If transaction logic depends on reads (dependent transactions) Calvin modifies client transaction code so the full read/write set is discovered in advance.
Following the same principle of “move as much as possible before the locks”, when a sequencer receives a request for a transaction that might be affected by disk stall, the transaction is delayed but the reads are sent so they’re brought from disk to memory (warm-up). Calvin seems to be surprisingly sensible to accuracy on disk I/O latency prediction.
- “Our Calvin implementation is therefore able to achieve nearly half a million TPC-C transactions per second on a 100 node cluster. It is notable that the present TPC-C world record holder (Oracle) runs 504,161 New Order transactions per second, despite running on much higher end hardware than the machines we used for our experiments”
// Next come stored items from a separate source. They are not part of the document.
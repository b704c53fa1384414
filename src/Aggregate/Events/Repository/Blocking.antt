-- ===== src/Aggregate/Events/Repository/Blocking.antt =====
-- What `validate` of the event repository decides.
use minos_python.Base.{
  ◌≡◌, refl, ◌∙◌, ap, sym, Bool, true, false, not, ◌&&◌, Option, none, some, List, [], ◌∷◌, map,
  ◌==◌, unset_or, if◌then◌else◌, is_empty, select_if, any_of, contains, any_of-congr, any_of-false,
  is_empty-select_if, arith,
}
use minos_python.Aggregate.Store.{
  Uuid, reserving, reserved, committing, status_in, EventEntry, StoredEvent, TransactionEntry,
  Store,
}
use minos_python.Aggregate.Transactions.Repository as Transactions
use minos_python.Aggregate.Events.Repository.{
  select, fn_filter, no_event_filter, blocking_uuids, validate,
}

-- The transaction is about to write to the destination, and is not the one to be skipped.
abbrev pub claims : Uuid → Option Uuid → TransactionEntry → Bool
claims destination ne x =
    destination == x.destination_uuid
    && (unset_or ne (λ u. not (u == x.uuid))
        && status_in x.status (reserving ∷ reserved ∷ committing ∷ []))

-- Such a transaction has an event of the entity `u`.
abbrev pub is_blocked : Uuid → Uuid → Option Uuid → List TransactionEntry → List StoredEvent → Bool
is_blocked u destination ne transactions events =
    any_of
      (λ (e : StoredEvent).
        u == e.uuid
        && any_of
            (λ (x : TransactionEntry). claims destination ne x && e.transaction_uuid == x.uuid)
            transactions)
      events

contains-selected :
    (p q : TransactionEntry → Bool) (v : Uuid) (l : List TransactionEntry)
    → ((x : TransactionEntry) → p x ≡ q x)
    → contains v (map (λ (x : TransactionEntry). x.uuid) (select_if p l))
      ≡ any_of (λ (x : TransactionEntry). q x && v == x.uuid) l
contains-selected p q v [] same = refl
contains-selected p q v (x ∷ l) same = ground (arith, same x, contains-selected p q v l same)

contains-blocking_uuids :
    (v destination : Uuid) (ne : Option Uuid) (s : Store)
    → contains v (blocking_uuids destination ne s)
      ≡ any_of (λ (x : TransactionEntry). claims destination ne x && v == x.uuid) s.transactions
unfolding blocking_uuids Transactions.select Transactions.fn_filter
contains-blocking_uuids v destination none s =
    contains-selected _ _ v s.transactions (λ x. ground arith)
contains-blocking_uuids v destination (some u) s =
    contains-selected _ _ v s.transactions (λ x. ground arith)

decided :
    (u : Uuid) (us : List Uuid) (s : Store)
    → (if is_empty us
        then true
        else is_empty
            (select (record no_event_filter { uuid = some u; transaction_uuid_in = some us }) s))
      ≡ not (any_of (λ (e : StoredEvent). u == e.uuid && contains e.transaction_uuid us) s.events)
unfolding select fn_filter
decided u [] s =
    ap not (sym (any_of-congr _ (λ e. false) s.events (λ e. ground arith) ∙ any_of-false s.events))
decided u (v ∷ vs) s =
    is_empty-select_if _ s.events ∙ ap not (any_of-congr _ _ s.events (λ e. ground arith))

pub validate-is_blocked :
    (entry : EventEntry) (ne : Option Uuid) (s : Store)
    → validate entry ne s
      ≡ not (is_blocked entry.uuid entry.transaction_uuid ne s.transactions s.events)
unfolding validate
validate-is_blocked entry ne s =
    decided entry.uuid (blocking_uuids entry.transaction_uuid ne s) s
    ∙ ap not (
        any_of-congr _ _ s.events (λ e.
          ap (λ b. (entry.uuid == e.uuid) && b)
            (contains-blocking_uuids e.transaction_uuid entry.transaction_uuid ne s)))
Although Calvin doesn’t make initial assumptions about data storage structure, there’s some information about getting the most out of specific storage.
Another key element is replication through input and determinism, reducing coordination overhead.
The design strategy of rethinking two-phase commit by moving as much work as possible outside the transaction can be a big boost. Requiring transaction logic to be sent and analyzed in advance seems complex, but I’d like to give it a try in actual use cases. Although it requires a change in mindset over traditional session transactions, it might be a great optimization enabler.